If every once in a while a nuclear power plant wound up using an Internet-
connected Mac Mini for its control systems, we'd immediately see the problem.
But we don't see that problem when browsers and email systems get embedded
deep into our political system, thus becoming (perhaps unintentionally)
critical infrastructure.

------
CivBase
The article mostly focuses on software security. "Safety critical" software
standards generally focus more on _stability_ than security. Security is part
of it. However, "safety critical" standards are overkill if you just want to
improve security.

Regardless, I doubt the most popular consumer-focused software will ever meet
the same "safety critical" standards as medical or avionics software.
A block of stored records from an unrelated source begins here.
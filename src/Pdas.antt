-- ===== src/Pdas.antt =====
-- sdk/src/escrow/pdas.ts: the addresses that the programs derive. SHA-256 is a parameter.
pub mod Bumps
pub mod Seeds
pub mod Preimages
pub mod Origins
pub mod Distinct
mod Tests
use ppv.Base.{
  ℕ, zero, suc, ◌/◌, ◌%◌, ◌^◌, Bool, true, false, not, List, [], ◌∷◌, ◌++◌, any, ltb, leb, nat_beq,
  length, take_front, if◌then◌else◌,
}
use ppv.Base.Result.{Result, ok, err, ◌>>=◌}
use ppv.Base.Int.{ℤ, pos, negsuc}
use ppv.Base.Text.{Text, Bytes, codes}
use ppv.Base58.{Base58Error, decode_base58, encode_base58}
use ppv.Curve.{is_on_curve}

abbrev pub agreement_seed : Bytes
agreement_seed = codes "agreement"

abbrev pub vault_authority_seed : Bytes
vault_authority_seed = codes "vault"

abbrev pub vault_token_seed : Bytes
vault_token_seed = codes "vault_token"

abbrev pub proof_seed : Bytes
proof_seed = codes "proof"

abbrev pub milestone_seed : Bytes
milestone_seed = codes "milestone"

abbrev pub core_proof_seed : Bytes
core_proof_seed = codes "proof"

abbrev pub core_proof_id_domain : Bytes
core_proof_id_domain = codes "ppv:escrow:core-proof:v1"

abbrev pub pda_marker : Bytes
pda_marker = codes "ProgramDerivedAddress"

abbrev pub max_seed_length : ℕ
max_seed_length = 32

abbrev pub max_seeds : ℕ
max_seeds = 16

-- A `PdaError`, by its message, or the `TypeError` of a character that is not base58.
pub data PdaError : Type 0 where
  not_an_address : PdaError
  too_many_seeds : PdaError
  seed_too_long : PdaError
  address_on_curve : PdaError
  no_off_curve_bump : PdaError
  id_out_of_range : PdaError
  index_out_of_range : PdaError
  not_base58 : PdaError

-- `error.message.includes("on the ed25519 curve")`: no other message has these words.
unfoldable pub is_curve_error : PdaError → Bool
is_curve_error address_on_curve = true
is_curve_error not_an_address = false
is_curve_error too_many_seeds = false
is_curve_error seed_too_long = false
is_curve_error no_off_curve_bump = false
is_curve_error id_out_of_range = false
is_curve_error index_out_of_range = false
is_curve_error not_base58 = false

unfoldable pub address_of_bytes : Result Base58Error Bytes → Result PdaError Bytes
address_of_bytes (err e) = err not_base58
address_of_bytes (ok bytes) =
    if not (nat_beq (length bytes) 32) then err not_an_address else ok bytes

unfoldable pub address_bytes : Text → Result PdaError Bytes
unfolding address_of_bytes
address_bytes address = address_of_bytes (decode_base58 address)

unfoldable pub concat : List Bytes → Bytes
concat [] = []
concat (chunk ∷ chunks) = chunk ++ concat chunks

abbrev pub is_too_long : Bytes → Bool
is_too_long seed = ltb max_seed_length (length seed)

pub record Derived : Type 0 where
  pub address : Text
  pub bump : ℕ

-- The bytes of `n` numbers below 256, the least significant first: `setBigUint64(0, value, true)`.
unfoldable pub le_bytes : ℕ → ℕ → Bytes
le_bytes zero value = []
le_bytes (suc n) value = value % 256 ∷ le_bytes n (value / 256)

unfoldable pub agreement_id_seed : ℤ → Result PdaError Bytes
unfolding le_bytes
agreement_id_seed (negsuc n) = err id_out_of_range
agreement_id_seed (pos n) = if leb (2 ^ 64) n then err id_out_of_range else ok (le_bytes 8 n)

unfoldable pub proof_index_seed : ℤ → Result PdaError Bytes
unfolding le_bytes
proof_index_seed (negsuc n) = err index_out_of_range
proof_index_seed (pos n) = if leb (2 ^ 32) n then err index_out_of_range else ok (le_bytes 4 n)

-- What an address hashes, and the check of its hash.
unfoldable pub preimage : List Bytes → Bytes → Bytes
unfolding concat
preimage seeds program = concat (seeds ++ program ∷ pda_marker ∷ [])

unfoldable pub off_curve : Bytes → Result PdaError Text
off_curve bytes = if is_on_curve bytes then err address_on_curve else ok (encode_base58 bytes)

module _ (sha256 : Bytes → Bytes) where
  unfoldable pub create_program_address : List Bytes → Text → Result PdaError Text
  unfolding address_bytes preimage off_curve
  create_program_address seeds program_id =
      if ltb max_seeds (length seeds)
      then err too_many_seeds
      else if any is_too_long seeds
      then err seed_too_long
      else (address_bytes program_id >>= λ program. off_curve (sha256 (preimage seeds program)))

  -- The loop from a bump down to 0.
  unfoldable pub find_from : List Bytes → Text → ℕ → Result PdaError Derived
  find_from seeds program_id zero =
      elim (create_program_address (seeds ++ (0 ∷ []) ∷ []) program_id) [
        | ok address ↦ ok (record { address = address; bump = 0 })
        | err e ↦ elim (is_curve_error e) [ true ↦ err no_off_curve_bump | false ↦ err e ]
      ]
  find_from seeds program_id (suc bump) =
      elim (create_program_address (seeds ++ (suc bump ∷ []) ∷ []) program_id) [
        | ok address ↦ ok (record { address = address; bump = suc bump })
        | err e ↦ elim (is_curve_error e) [ true ↦ find_from seeds program_id bump | false ↦ err e ]
      ]

  unfoldable pub find_program_address : List Bytes → Text → Result PdaError Derived
  unfolding find_from
  find_program_address seeds program_id = find_from seeds program_id 255

  unfoldable pub derive_agreement : Text → Text → ℤ → Result PdaError Derived
  unfolding find_program_address address_bytes agreement_id_seed
  derive_agreement program_id creator agreement_id = do
    creator_bytes ← address_bytes creator
    id ← agreement_id_seed agreement_id
    find_program_address (agreement_seed ∷ creator_bytes ∷ id ∷ []) program_id

  unfoldable pub derive_vault_authority : Text → Text → Result PdaError Derived
  unfolding find_program_address address_bytes
  derive_vault_authority program_id agreement = do
    bytes ← address_bytes agreement
    find_program_address (vault_authority_seed ∷ bytes ∷ []) program_id

  unfoldable pub derive_vault : Text → Text → Result PdaError Derived
  unfolding find_program_address address_bytes
  derive_vault program_id agreement = do
    bytes ← address_bytes agreement
    find_program_address (vault_token_seed ∷ bytes ∷ []) program_id

  unfoldable pub derive_proof : Text → Text → ℤ → Result PdaError Derived
  unfolding find_program_address address_bytes proof_index_seed
  derive_proof program_id agreement proof_index = do
    bytes ← address_bytes agreement
    index ← proof_index_seed proof_index
    find_program_address (proof_seed ∷ bytes ∷ index ∷ []) program_id

  unfoldable pub core_proof_id : Text → ℤ → Result PdaError Bytes
  unfolding address_bytes proof_index_seed
  core_proof_id agreement proof_index = do
    bytes ← address_bytes agreement
    index ← proof_index_seed proof_index
    ok (take_front 16 (sha256 (core_proof_id_domain ++ (bytes ++ index))))

  unfoldable pub derive_core_proof : Text → Text → Text → ℤ → Result PdaError Derived
  unfolding find_program_address address_bytes core_proof_id
  derive_core_proof core_program_id submitter agreement proof_index = do
    bytes ← address_bytes submitter
    id ← core_proof_id agreement proof_index
    find_program_address (core_proof_seed ∷ bytes ∷ id ∷ []) core_program_id

  unfoldable pub derive_milestone : Text → Text → ℤ → Result PdaError Derived
  unfolding find_program_address address_bytes proof_index_seed
  derive_milestone program_id agreement milestone_index = do
    bytes ← address_bytes agreement
    index ← proof_index_seed milestone_index
    find_program_address (milestone_seed ∷ bytes ∷ index ∷ []) program_id

pub record AgreementAddresses : Type 0 where
  pub agreement : Text
  pub agreement_bump : ℕ
  pub vault_authority : Text
  pub vault_authority_bump : ℕ
  pub vault : Text
  pub vault_bump : ℕ

unfoldable pub derive_agreement_addresses :
    (Bytes → Bytes) → Text → Text → ℤ → Result PdaError AgreementAddresses
unfolding derive_agreement derive_vault_authority derive_vault
derive_agreement_addresses sha256 program_id creator agreement_id = do
  agreement ← derive_agreement sha256 program_id creator agreement_id
  authority ← derive_vault_authority sha256 program_id agreement.address
  vault ← derive_vault sha256 program_id agreement.address
  ok (record {
    agreement = agreement.address;
    agreement_bump = agreement.bump;
    vault_authority = authority.address;
    vault_authority_bump = authority.bump;
    vault = vault.address;
    vault_bump = vault.bump;
  })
I work
on safety critical software and the bureaucracy that comes with it drives
innovation to a snails pace. As long as the average user is willing to give up
a little stability for cutting-edge features, developers who prioritize
"safety critical" standards simply wont be able to compete.

------
WalterBright
The article is about security, not safety critical. A couple articles I wrote
on safety critical software:

Safe Systems from Unreliable Parts
[https://www.digitalmars.com/articles/b39.html](https://www.digitalmars.com/articles/b39.html)

Designing Safe Software Systems Part 2
[https://www.digitalmars.com/articles/b40.html](https://www.digitalmars.com/articles/b40.html)

------
glitchc
This is an article written by someone who’s never actually worked on a safety
critical system. Such systems have an exhaustive threat model with likelihood
estimates developed and verified well before a single line of code is written.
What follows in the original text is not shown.